### About this task
Exactly the lines from the start of the data through the line containing "before = value_of" should be output, with both ends kept and nothing added.

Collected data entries
····················
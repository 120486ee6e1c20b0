-- ===== src/Examples/Attempts.antt =====
-- The ledger of experiment attempts at concrete inputs.
use Prim.Native.String.{◌++◌ as str_append}
use agent_loop_gate.Base.{true, false, none, some, List, [], ◌∷◌, ok, value_of, ◌≡◌, refl}
use agent_loop_gate.Base.Int.{pos}
use agent_loop_gate.Base.Decimals.{whole}
use agent_loop_gate.Schemas.{Digest}
use agent_loop_gate.Runtime.Usage.{exact}
use agent_loop_gate.Ledger.Attempts.Models.{
  AttemptFields, ExperimentAttemptEvent, AttemptLedger, AttemptStart, AttemptEnd,
}
use agent_loop_gate.Ledger.Attempts.Events.{begin, complete, events_for_batch, has_completed_batch}
use agent_loop_gate.Ledger.Attempts.Batches.{has_completed_batch-complete}

abbrev canonical_digest : AttemptFields → Digest
canonical_digest f = str_append "sha256:" f.recorded_at

abbrev first_start : AttemptStart
first_start = record {
  operation = "run_batch";
  protocol_digest = "sha256:p";
  study_digest = none;
  source_revision = none;
  stage = some "selection";
  batch_id = some "batch1";
  snapshot_id = some "b0";
  candidate_id = none;
  spec_digest = some "sha256:spec";
  command = "tau" ∷ [];
  recovery_action = none;
}

abbrev end : AttemptEnd
end = record {
  exit_code = pos 0;
  resumed = false;
  accounting_status = exact;
  total_cost_lower_bound_usd = some (whole 2);
  cost_digest = "sha256:c";
  cost_artifact = "runs/cost.json";
  result_artifacts = [];
  counters = ("runs", pos 4) ∷ [];
  attempt_cost_status = none;
  attempt_known_cost_usd = none;
}

unfoldable begun : AttemptLedger × ExperimentAttemptEvent
unfolding begin
begun = value_of (begin canonical_digest "exp1" [] "ATT_1" "0a" first_start) tt

unfoldable ended : AttemptLedger × ExperimentAttemptEvent
unfolding begun begin complete
ended = value_of (complete canonical_digest begun.0 begun.1 "0b" 9 end) tt

not_yet : has_completed_batch canonical_digest begun.0 "batch1" "sha256:spec" ≡ ok false
unfolding has_completed_batch begun begin
not_yet = refl

unfoldable before : List ExperimentAttemptEvent
unfolding events_for_batch begun begin
before = value_of (events_for_batch canonical_digest begun.0 "batch1") tt

reads : events_for_batch canonical_digest begun.0 "batch1" ≡ ok before
unfolding before events_for_batch begun begin
reads = refl

in_batch : begun.1.fields.batch_id ≡ some "batch1"
unfolding begun begin
in_batch = refl

of_spec : begun.1.fields.spec_digest ≡ some "sha256:spec"
unfolding begun begin
of_spec = refl

completes : complete canonical_digest begun.0 begun.1 "0b" 9 end ≡ ok (ended.0, ended.1)
unfolding ended begun begin complete
completes = refl

has_completed_batch-complete_example :
    has_completed_batch canonical_digest ended.0 "batch1" "sha256:spec" ≡ ok true
has_completed_batch-complete_example =
    has_completed_batch-complete canonical_digest begun.0 ended.0 begun.1 ended.1 "0b" 9 end
      "batch1" "sha256:spec" before reads in_batch of_spec completes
····················
### Response for this exercise
repository 120486ee6e1c20b0
-- ===== src/Examples/Attempts.antt =====
-- The ledger of experiment attempts at concrete inputs.
use Prim.Native.String.{◌++◌ as str_append}
use agent_loop_gate.Base.{true, false, none, some, List, [], ◌∷◌, ok, value_of, ◌≡◌, refl}
use agent_loop_gate.Base.Int.{pos}
use agent_loop_gate.Base.Decimals.{whole}
use agent_loop_gate.Schemas.{Digest}
use agent_loop_gate.Runtime.Usage.{exact}
use agent_loop_gate.Ledger.Attempts.Models.{
  AttemptFields, ExperimentAttemptEvent, AttemptLedger, AttemptStart, AttemptEnd,
}
use agent_loop_gate.Ledger.Attempts.Events.{begin, complete, events_for_batch, has_completed_batch}
use agent_loop_gate.Ledger.Attempts.Batches.{has_completed_batch-complete}

abbrev canonical_digest : AttemptFields → Digest
canonical_digest f = str_append "sha256:" f.recorded_at

abbrev first_start : AttemptStart
first_start = record {
  operation = "run_batch";
  protocol_digest = "sha256:p";
  study_digest = none;
  source_revision = none;
  stage = some "selection";
  batch_id = some "batch1";
  snapshot_id = some "b0";
  candidate_id = none;
  spec_digest = some "sha256:spec";
  command = "tau" ∷ [];
  recovery_action = none;
}

abbrev end : AttemptEnd
end = record {
  exit_code = pos 0;
  resumed = false;
  accounting_status = exact;
  total_cost_lower_bound_usd = some (whole 2);
  cost_digest = "sha256:c";
  cost_artifact = "runs/cost.json";
  result_artifacts = [];
  counters = ("runs", pos 4) ∷ [];
  attempt_cost_status = none;
  attempt_known_cost_usd = none;
}

unfoldable begun : AttemptLedger × ExperimentAttemptEvent
unfolding begin
begun = value_of (begin canonical_digest "exp1" [] "ATT_1" "0a" first_start) tt

unfoldable ended : AttemptLedger × ExperimentAttemptEvent
unfolding begun begin complete
ended = value_of (complete canonical_digest begun.0 begun.1 "0b" 9 end) tt

not_yet : has_completed_batch canonical_digest begun.0 "batch1" "sha256:spec" ≡ ok false
unfolding has_completed_batch begun begin
not_yet = refl

unfoldable before : List ExperimentAttemptEvent
unfolding events_for_batch begun begin
before = value_of (events_for_batch canonical_digest begun.0 "batch1") tt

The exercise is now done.